What is required:
From the first line of the material through the line containing "pub observed_at : DateTime", restate everything word for word and nothing more.

Supplied data:
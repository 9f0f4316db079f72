-- ===== src/Connectors/Intake.antt =====
-- src/reality_layer/connectors/observe.py and persistence.py: a payload is stored as it came, and its
-- observation becomes a row of the observation log, once. The object store and the query of the
-- repository are parameters; the row to add is a result.
use Prim.Native.String.{◌++◌ as append}
use agents_reality_layer.Prelude.{ℕ, String, Bool, true, false, Option, none, some}
use agents_reality_layer.Prelude.Time.{DateTime}
use agents_reality_layer.Json.{Object}
use agents_reality_layer.Errors.{Result, ok, ◌>>=◌}
use agents_reality_layer.WorldState.Models.{Observation}

-- what the object store says of a stored payload
pub record StoredObject : Type 0 where
  pub ref : String
  pub payload_hash : String
  pub size_bytes : ℕ

pub record ObservedPayload : Type 0 where
  pub observation : Observation
  pub raw_payload : StoredObject

pub record ObservationLog : Type 0 where
  pub tenant_id : String
  pub observation_id : String
  pub connector_id : String
  pub external_object_type : String
  pub external_object_id : String
  pub external_event_id : String
  pub source_timestamp : DateTime
  pub observed_at : DateTime
  pub payload_hash : String
  pub payload_ref : String
  pub connector_version : String
  pub schema_version : String
  pub correlation_id : String
  pub ingest_outcome : String

pub record PersistedObservation : Type 0 where
  pub observation_id : String
  pub created : Bool

-- `observe_payload`; `encode` is `json.dumps` with sorted keys and no spaces, as bytes
unfoldable pub observe_payload :
    (Object → String)
    → String
    → Object
    → (Object → Result Observation)
    → (String → String → String → Result StoredObject)
    → Result ObservedPayload
observe_payload encode tenant_id payload normalize put_raw_payload = do
  observation ← normalize payload
  raw_payload ← put_raw_payload tenant_id (encode payload) "application/json"
  ok (record { observation = observation; raw_payload = raw_payload })

abbrev pub log_row : String → ObservedPayload → String → String → String → ObservationLog
log_row tenant_id observed connector_version schema_version hex = record {
  tenant_id = tenant_id;
  observation_id = observed.observation.observation_id;
  connector_id = observed.observation.connector;
  external_object_type = observed.observation.object_type;
  external_object_id = observed.observation.object_id;
  external_event_id = observed.observation.observation_id;
  source_timestamp = observed.observation.observed_at;
  observed_at = observed.observation.observed_at;
  payload_hash = observed.raw_payload.payload_hash;
  payload_ref = observed.raw_payload.ref;
  connector_version = connector_version;
  schema_version = schema_version;
  correlation_id = append "cor_" hex;
  ingest_outcome = "accepted";
}

-- `ObservationIngestionService.persist`: the answer, and the row that is added
unfoldable pub persist :
    (String → String → Option ObservationLog)
    → String
    → ObservedPayload
    → String
    → String
    → String
    → PersistedObservation × Option ObservationLog
persist get tenant_id observed connector_version schema_version hex =
    let observation_id = observed.observation.observation_id in
    elim (get tenant_id observation_id) [
      | some _ ↦ (record { observation_id = observation_id; created = false }, none)
      | none ↦ (
        record { observation_id = observation_id; created = true },
        some (log_row tenant_id observed connector_version schema_version hex),
      )
    ]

Response:
repository 9f0f4316db079f72
-- ===== src/Connectors/Intake.antt =====
-- src/reality_layer/connectors/observe.py and persistence.py: a payload is stored as it came, and its
-- observation becomes a row of the observation log, once. The object store and the query of the
-- repository are parameters; the row to add is a result.
use Prim.Native.String.{◌++◌ as append}
use agents_reality_layer.Prelude.{ℕ, String, Bool, true, false, Option, none, some}
use agents_reality_layer.Prelude.Time.{DateTime}
use agents_reality_layer.Json.{Object}
use agents_reality_layer.Errors.{Result, ok, ◌>>=◌}
use agents_reality_layer.WorldState.Models.{Observation}

-- what the object store says of a stored payload
pub record StoredObject : Type 0 where
  pub ref : String
  pub payload_hash : String
  pub size_bytes : ℕ

pub record ObservedPayload : Type 0 where
  pub observation : Observation
  pub raw_payload : StoredObject

pub record ObservationLog : Type 0 where
  pub tenant_id : String
  pub observation_id : String
  pub connector_id : String
  pub external_object_type : String
  pub external_object_id : String
  pub external_event_id : String
  pub source_timestamp : DateTime
  pub observed_at : DateTime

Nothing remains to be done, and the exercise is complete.